### Activity
For the listing below, output exactly the lines from the line with "pub room_is : find" up to and including the line with "pub caller_printable : IsPrintable", and no other lines.

### Data extract
+ + + +

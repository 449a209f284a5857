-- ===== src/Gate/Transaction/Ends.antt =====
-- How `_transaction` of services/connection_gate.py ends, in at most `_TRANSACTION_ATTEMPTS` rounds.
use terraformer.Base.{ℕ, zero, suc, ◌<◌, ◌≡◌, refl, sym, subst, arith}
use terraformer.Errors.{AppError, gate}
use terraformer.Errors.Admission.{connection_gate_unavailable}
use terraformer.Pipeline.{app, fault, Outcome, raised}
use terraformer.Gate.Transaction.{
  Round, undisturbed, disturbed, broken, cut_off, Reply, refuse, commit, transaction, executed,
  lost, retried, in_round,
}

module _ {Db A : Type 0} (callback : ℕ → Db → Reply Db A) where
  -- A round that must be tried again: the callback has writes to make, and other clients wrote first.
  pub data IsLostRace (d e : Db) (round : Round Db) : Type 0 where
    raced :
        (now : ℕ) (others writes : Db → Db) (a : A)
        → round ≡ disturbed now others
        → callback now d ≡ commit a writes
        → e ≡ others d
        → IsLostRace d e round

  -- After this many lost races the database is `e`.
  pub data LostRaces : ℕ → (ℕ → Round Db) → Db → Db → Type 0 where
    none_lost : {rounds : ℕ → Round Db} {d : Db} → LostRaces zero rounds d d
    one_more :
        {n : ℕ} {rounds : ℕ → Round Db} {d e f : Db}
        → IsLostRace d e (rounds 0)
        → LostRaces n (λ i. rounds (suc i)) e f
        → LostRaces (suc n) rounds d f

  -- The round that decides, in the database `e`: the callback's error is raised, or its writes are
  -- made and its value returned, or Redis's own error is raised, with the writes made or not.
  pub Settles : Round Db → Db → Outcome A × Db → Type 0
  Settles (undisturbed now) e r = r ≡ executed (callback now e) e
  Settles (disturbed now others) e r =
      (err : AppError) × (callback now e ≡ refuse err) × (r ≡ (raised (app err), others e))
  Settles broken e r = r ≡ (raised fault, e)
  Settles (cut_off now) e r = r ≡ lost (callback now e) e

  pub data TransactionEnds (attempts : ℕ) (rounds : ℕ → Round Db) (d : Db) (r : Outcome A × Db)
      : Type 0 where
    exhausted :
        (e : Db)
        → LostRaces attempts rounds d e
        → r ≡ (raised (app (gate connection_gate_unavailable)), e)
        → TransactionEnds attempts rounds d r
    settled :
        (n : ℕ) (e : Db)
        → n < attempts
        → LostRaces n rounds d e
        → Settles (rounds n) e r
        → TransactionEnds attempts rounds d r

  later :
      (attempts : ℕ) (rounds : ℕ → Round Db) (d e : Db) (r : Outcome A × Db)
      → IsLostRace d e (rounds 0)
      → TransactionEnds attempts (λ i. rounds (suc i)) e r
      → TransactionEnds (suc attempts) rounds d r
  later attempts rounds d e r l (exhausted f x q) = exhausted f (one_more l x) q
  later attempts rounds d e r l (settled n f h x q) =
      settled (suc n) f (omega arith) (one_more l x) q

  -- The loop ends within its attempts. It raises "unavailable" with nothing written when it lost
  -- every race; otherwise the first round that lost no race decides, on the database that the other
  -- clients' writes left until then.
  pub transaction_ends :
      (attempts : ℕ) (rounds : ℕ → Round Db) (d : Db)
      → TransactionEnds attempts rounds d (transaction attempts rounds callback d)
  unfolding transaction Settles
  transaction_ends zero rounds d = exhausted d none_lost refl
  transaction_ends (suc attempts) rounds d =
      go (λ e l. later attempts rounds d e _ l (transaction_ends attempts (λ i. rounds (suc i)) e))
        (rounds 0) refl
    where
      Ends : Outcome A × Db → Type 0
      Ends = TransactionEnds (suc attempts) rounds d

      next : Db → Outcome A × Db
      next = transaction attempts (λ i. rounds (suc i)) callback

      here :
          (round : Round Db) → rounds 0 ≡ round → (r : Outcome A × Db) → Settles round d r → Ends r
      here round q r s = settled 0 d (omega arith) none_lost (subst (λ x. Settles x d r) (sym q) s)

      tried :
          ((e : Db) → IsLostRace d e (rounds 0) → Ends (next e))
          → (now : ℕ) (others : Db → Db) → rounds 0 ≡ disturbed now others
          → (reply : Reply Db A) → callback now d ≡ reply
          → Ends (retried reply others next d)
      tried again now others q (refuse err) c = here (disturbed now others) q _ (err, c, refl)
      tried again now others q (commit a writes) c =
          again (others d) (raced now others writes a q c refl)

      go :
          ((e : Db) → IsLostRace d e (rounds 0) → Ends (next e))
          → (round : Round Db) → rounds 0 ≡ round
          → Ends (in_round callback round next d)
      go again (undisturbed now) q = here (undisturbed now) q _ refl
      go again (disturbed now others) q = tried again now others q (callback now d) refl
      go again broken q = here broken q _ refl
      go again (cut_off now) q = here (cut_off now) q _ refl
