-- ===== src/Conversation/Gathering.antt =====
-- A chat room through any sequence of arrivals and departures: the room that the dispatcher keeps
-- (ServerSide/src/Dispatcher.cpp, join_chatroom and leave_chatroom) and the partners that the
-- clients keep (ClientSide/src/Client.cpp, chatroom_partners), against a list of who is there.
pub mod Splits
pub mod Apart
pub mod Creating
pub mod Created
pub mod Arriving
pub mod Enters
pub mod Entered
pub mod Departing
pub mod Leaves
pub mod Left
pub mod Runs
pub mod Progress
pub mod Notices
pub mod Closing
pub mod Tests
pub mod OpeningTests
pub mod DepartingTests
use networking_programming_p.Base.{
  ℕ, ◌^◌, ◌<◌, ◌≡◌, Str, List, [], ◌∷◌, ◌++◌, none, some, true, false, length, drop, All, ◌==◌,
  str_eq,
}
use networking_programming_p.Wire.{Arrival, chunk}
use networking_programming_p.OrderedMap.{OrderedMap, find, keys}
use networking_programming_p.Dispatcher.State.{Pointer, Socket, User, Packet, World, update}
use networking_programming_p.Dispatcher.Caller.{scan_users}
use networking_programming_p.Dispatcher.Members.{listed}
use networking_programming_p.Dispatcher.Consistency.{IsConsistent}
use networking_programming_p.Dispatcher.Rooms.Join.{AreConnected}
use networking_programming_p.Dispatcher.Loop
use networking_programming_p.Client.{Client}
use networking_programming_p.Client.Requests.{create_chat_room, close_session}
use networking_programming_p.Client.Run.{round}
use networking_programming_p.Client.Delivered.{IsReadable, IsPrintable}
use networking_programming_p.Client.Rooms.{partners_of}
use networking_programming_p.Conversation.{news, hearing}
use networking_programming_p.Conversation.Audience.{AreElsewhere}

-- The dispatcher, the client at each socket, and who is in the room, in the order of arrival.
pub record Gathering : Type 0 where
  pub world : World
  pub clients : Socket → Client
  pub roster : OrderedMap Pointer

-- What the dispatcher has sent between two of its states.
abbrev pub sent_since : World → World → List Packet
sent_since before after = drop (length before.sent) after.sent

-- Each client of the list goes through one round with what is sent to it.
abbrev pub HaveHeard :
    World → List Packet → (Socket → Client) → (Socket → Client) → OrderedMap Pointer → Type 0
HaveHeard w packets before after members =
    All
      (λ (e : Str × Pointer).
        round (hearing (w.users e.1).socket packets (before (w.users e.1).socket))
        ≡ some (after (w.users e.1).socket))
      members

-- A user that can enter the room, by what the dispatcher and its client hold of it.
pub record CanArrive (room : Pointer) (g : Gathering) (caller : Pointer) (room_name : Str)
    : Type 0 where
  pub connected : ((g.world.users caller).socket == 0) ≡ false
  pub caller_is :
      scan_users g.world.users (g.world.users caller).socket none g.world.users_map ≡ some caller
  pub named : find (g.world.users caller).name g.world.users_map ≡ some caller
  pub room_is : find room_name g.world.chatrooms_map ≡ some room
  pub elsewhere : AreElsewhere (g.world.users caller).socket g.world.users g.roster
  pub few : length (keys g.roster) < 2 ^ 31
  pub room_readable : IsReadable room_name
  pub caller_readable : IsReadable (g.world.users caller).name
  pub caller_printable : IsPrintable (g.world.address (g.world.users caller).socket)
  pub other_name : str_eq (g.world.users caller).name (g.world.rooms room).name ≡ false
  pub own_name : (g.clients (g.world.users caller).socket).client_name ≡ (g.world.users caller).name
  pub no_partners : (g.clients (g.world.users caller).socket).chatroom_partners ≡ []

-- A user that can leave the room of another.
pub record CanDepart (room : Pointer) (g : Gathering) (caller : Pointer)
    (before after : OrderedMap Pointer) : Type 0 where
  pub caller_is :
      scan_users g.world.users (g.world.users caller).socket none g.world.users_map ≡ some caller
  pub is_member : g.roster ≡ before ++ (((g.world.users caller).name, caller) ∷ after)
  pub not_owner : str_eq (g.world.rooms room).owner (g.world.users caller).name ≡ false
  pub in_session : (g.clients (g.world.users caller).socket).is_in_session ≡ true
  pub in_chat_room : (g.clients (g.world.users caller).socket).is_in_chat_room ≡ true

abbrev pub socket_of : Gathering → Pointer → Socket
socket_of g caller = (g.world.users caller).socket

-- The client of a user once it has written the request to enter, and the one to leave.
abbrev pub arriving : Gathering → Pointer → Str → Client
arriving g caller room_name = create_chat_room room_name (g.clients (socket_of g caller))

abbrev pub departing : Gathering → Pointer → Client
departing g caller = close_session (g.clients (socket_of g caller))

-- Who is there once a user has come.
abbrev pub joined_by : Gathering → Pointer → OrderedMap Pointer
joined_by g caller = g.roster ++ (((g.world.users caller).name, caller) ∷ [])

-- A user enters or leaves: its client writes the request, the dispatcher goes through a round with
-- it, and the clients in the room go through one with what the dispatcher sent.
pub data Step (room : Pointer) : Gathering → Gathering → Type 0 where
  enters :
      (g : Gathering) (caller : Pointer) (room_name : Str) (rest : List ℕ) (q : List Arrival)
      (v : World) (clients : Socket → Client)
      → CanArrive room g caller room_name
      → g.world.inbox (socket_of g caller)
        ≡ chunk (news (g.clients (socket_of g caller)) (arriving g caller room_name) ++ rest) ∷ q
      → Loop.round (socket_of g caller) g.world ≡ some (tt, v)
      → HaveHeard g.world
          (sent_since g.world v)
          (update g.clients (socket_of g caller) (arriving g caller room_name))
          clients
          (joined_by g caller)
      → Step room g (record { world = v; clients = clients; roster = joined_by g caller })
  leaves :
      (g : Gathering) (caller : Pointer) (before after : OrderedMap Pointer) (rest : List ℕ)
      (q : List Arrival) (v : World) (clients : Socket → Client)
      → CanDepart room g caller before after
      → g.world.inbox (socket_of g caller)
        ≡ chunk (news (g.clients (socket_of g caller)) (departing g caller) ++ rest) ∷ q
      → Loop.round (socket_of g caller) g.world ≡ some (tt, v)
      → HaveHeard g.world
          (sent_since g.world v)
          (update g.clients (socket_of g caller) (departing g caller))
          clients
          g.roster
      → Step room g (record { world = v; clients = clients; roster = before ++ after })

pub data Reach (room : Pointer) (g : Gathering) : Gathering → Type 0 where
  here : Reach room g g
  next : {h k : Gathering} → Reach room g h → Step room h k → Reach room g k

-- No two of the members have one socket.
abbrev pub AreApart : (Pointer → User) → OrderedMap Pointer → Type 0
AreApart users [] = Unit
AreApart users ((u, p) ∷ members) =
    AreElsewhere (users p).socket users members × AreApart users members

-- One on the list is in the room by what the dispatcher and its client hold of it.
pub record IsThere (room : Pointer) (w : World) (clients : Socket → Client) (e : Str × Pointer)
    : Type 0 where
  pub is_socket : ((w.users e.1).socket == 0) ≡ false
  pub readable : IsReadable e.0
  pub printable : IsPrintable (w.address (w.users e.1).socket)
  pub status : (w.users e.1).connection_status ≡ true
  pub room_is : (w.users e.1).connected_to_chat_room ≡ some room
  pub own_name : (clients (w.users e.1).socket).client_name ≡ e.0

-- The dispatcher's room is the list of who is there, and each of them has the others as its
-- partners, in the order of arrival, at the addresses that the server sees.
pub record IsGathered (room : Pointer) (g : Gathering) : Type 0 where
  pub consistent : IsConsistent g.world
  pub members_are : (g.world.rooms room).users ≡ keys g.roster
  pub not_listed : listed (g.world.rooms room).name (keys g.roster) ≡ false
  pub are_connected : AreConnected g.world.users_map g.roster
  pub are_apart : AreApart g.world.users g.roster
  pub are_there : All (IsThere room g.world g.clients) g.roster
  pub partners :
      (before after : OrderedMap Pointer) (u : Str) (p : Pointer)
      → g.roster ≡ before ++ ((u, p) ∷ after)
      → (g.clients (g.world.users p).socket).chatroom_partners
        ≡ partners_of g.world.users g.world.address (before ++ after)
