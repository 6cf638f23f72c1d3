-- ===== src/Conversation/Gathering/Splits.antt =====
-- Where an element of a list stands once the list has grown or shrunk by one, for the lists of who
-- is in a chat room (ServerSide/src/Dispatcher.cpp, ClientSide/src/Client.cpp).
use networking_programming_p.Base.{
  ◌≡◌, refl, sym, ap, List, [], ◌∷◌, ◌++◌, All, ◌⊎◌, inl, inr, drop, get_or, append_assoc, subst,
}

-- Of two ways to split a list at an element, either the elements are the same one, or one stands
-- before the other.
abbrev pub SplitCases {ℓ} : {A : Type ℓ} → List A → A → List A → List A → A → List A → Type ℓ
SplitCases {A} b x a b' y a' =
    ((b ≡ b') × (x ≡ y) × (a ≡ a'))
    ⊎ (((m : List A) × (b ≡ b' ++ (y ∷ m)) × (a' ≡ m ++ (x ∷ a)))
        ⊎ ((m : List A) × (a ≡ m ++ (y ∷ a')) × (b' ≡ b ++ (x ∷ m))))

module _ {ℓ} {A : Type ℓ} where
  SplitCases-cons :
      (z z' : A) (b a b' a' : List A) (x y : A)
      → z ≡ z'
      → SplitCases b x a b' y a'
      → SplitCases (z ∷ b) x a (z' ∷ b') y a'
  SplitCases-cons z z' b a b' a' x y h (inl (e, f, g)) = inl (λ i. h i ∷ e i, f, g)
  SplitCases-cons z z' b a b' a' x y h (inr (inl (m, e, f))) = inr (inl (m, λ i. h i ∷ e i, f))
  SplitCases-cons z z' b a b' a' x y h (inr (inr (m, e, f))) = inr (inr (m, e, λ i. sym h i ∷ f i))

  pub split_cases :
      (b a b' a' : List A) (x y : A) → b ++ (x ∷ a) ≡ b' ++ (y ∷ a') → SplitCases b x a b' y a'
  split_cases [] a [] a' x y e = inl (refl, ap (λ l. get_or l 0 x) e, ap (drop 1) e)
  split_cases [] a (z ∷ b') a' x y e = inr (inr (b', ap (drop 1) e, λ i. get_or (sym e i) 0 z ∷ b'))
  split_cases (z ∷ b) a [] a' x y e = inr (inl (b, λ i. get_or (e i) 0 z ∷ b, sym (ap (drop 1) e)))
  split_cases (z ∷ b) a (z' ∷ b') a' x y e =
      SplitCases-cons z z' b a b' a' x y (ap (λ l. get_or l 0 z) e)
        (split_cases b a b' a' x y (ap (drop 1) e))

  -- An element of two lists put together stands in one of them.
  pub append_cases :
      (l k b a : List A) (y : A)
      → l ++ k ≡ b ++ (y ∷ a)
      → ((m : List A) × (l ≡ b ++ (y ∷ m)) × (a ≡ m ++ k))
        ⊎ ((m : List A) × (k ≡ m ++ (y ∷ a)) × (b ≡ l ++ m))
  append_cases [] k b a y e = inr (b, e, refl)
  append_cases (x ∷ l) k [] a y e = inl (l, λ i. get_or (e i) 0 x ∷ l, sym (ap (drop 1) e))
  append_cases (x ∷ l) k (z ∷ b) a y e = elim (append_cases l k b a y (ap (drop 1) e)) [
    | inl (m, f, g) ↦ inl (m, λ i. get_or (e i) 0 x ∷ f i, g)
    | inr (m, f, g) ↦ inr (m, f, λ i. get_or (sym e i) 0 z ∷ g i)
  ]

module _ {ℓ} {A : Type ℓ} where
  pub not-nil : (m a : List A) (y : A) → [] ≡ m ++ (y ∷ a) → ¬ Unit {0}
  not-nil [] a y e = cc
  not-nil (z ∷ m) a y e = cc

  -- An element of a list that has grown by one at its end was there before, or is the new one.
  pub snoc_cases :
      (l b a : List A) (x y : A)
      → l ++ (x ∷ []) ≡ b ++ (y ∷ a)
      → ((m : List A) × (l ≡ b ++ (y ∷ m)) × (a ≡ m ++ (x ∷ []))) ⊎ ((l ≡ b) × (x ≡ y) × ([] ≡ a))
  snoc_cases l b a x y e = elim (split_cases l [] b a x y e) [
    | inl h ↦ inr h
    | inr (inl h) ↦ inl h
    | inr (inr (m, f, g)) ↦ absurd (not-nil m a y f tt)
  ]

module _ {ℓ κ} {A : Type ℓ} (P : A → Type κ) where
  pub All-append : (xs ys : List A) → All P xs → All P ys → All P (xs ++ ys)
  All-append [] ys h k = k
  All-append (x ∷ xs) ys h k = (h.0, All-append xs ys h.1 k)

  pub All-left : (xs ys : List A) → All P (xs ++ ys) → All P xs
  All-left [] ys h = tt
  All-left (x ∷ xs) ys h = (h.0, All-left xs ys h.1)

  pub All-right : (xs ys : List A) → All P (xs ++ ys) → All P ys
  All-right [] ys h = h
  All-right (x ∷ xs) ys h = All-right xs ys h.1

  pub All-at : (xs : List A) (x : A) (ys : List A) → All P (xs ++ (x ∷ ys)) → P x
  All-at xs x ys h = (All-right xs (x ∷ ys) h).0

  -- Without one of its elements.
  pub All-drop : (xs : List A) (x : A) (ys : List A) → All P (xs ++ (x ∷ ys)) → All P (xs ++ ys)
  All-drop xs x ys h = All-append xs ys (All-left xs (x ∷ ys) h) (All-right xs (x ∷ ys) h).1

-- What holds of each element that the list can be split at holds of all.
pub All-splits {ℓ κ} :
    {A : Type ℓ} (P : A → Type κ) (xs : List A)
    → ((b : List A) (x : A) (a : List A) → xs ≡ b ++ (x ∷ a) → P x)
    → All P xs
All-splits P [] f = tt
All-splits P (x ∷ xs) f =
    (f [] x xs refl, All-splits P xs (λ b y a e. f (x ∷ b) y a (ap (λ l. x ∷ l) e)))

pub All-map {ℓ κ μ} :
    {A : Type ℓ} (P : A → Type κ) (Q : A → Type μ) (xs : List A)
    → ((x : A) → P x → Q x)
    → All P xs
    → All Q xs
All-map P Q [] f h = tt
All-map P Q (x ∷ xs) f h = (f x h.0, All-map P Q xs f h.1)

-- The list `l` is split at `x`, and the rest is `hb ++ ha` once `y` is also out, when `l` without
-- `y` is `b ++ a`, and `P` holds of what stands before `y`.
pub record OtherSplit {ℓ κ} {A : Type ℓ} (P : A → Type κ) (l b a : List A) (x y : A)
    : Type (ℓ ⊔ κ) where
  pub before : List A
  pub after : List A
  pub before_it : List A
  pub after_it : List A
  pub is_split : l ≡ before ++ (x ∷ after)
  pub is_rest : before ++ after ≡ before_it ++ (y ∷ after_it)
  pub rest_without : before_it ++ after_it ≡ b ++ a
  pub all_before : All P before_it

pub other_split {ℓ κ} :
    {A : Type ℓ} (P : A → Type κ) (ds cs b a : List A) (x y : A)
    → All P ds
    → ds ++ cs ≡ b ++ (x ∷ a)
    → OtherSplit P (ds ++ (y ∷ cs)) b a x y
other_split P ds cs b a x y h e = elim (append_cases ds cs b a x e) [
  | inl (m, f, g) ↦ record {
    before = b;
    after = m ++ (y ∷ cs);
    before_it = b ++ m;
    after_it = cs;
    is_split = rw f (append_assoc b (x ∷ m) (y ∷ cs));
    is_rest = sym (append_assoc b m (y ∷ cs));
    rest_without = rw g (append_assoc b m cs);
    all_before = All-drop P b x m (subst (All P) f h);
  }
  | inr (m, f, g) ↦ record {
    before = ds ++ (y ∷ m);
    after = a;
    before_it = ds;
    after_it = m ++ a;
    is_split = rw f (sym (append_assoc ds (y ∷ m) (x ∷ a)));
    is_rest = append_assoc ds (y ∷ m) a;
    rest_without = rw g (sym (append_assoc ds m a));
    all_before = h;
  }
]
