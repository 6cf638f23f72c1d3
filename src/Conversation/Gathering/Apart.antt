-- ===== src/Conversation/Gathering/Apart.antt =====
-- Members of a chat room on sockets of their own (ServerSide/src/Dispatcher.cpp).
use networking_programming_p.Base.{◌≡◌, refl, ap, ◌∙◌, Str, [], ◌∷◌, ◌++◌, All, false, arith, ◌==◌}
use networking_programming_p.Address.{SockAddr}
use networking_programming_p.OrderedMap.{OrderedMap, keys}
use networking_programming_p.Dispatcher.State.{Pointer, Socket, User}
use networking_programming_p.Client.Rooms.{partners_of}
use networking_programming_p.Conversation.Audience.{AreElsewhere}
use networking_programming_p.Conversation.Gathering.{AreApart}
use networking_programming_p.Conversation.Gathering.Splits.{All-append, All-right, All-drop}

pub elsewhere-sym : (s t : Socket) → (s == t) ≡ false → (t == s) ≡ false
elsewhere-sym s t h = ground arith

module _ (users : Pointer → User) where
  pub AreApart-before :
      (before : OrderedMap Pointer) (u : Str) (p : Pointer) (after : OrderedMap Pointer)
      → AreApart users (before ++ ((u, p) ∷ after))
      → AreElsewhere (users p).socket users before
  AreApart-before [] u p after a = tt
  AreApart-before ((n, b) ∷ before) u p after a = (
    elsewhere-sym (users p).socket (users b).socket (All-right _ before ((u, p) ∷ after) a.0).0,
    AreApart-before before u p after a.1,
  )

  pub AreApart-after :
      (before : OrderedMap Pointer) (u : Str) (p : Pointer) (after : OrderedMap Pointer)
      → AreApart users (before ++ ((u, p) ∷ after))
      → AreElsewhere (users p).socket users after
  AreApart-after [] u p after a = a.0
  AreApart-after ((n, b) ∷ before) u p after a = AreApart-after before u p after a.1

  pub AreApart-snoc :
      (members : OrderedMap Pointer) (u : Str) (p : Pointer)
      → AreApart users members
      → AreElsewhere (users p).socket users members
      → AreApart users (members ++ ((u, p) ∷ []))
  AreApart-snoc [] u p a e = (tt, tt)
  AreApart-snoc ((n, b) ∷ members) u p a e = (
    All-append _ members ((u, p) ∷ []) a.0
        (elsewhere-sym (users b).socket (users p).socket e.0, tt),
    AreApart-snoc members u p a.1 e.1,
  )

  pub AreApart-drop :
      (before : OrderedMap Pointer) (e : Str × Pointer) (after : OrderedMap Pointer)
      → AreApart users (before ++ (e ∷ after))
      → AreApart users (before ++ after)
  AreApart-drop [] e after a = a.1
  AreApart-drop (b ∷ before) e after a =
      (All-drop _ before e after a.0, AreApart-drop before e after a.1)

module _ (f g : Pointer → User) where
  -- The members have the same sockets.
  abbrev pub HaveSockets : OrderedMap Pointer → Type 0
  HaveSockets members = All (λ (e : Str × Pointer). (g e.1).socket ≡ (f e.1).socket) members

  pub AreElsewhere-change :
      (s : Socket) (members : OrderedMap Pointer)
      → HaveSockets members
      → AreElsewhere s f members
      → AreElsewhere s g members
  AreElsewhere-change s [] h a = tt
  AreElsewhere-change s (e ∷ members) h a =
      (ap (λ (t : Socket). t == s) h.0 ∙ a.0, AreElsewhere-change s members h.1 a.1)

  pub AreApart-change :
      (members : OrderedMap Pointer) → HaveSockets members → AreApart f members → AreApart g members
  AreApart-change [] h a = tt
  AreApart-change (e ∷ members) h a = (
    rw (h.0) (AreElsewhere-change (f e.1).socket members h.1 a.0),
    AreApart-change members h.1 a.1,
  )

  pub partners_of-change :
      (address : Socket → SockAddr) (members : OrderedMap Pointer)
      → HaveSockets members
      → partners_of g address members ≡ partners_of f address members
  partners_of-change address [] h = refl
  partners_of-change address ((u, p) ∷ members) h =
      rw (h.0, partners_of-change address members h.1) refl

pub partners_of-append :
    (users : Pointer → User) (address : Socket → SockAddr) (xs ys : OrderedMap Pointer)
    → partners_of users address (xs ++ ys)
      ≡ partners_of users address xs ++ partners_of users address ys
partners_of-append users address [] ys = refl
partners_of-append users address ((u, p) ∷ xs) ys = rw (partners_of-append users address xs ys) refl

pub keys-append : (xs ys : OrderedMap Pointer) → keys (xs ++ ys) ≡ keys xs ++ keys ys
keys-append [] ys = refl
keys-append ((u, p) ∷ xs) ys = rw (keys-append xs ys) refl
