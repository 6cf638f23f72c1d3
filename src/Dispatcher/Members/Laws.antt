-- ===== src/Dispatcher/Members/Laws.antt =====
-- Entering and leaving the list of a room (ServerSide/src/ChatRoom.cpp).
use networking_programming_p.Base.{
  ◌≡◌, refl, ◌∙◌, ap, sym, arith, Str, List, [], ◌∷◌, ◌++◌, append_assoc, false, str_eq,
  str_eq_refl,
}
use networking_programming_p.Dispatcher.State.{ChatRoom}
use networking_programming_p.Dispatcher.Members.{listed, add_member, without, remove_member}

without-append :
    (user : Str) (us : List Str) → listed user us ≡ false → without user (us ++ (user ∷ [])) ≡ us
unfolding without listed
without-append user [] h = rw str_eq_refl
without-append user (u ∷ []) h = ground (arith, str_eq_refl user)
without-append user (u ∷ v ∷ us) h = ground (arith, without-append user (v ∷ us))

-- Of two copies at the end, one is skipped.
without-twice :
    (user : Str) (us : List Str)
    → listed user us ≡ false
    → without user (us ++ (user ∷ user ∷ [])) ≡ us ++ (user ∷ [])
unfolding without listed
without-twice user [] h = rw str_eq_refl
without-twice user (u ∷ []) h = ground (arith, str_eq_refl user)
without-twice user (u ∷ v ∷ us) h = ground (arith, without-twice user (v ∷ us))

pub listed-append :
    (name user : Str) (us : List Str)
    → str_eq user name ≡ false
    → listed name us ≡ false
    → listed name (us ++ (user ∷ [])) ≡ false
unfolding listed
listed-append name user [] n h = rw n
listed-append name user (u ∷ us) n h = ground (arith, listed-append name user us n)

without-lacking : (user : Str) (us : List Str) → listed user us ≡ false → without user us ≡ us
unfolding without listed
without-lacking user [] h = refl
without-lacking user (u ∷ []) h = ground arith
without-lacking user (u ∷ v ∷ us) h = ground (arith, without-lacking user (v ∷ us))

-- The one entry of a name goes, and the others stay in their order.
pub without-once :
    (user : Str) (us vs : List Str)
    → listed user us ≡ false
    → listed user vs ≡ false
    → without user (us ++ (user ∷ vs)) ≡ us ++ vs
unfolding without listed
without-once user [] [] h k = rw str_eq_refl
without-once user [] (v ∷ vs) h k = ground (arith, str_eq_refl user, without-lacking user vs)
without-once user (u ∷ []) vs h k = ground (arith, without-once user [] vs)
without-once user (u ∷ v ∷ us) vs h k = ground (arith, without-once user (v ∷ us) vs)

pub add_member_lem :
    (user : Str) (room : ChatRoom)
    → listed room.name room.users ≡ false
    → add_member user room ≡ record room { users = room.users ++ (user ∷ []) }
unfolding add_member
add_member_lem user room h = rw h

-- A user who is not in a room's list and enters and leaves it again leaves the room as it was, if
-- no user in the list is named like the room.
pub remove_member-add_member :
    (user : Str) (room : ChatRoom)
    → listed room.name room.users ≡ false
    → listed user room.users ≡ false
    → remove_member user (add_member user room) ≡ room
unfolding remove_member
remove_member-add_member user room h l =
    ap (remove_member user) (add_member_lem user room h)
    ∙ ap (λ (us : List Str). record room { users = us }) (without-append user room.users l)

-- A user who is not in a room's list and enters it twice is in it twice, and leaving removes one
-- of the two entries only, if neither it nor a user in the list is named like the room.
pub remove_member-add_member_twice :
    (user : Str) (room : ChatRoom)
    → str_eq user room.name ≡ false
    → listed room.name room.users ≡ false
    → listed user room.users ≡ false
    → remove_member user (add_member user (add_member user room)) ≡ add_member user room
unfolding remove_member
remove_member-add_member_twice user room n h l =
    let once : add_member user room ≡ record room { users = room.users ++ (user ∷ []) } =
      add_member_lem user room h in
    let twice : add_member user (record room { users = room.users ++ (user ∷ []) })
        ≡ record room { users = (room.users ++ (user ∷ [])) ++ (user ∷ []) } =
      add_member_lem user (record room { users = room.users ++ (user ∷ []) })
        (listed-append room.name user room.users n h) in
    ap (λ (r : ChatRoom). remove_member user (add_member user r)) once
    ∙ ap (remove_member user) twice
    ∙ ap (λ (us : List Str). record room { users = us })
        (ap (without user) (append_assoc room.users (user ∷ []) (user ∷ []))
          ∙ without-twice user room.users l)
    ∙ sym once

+ + + +

### Completed exercise
  pub room_is : find room_name g.world.chatrooms_map ≡ some room
  pub elsewhere : AreElsewhere (g.world.users caller).socket g.world.users g.roster
  pub few : length (keys g.roster) < 2 ^ 31
  pub room_readable : IsReadable room_name
  pub caller_readable : IsReadable (g.world.users caller).name
  pub caller_printable : IsPrintable (g.world.address (g.world.users caller).socket)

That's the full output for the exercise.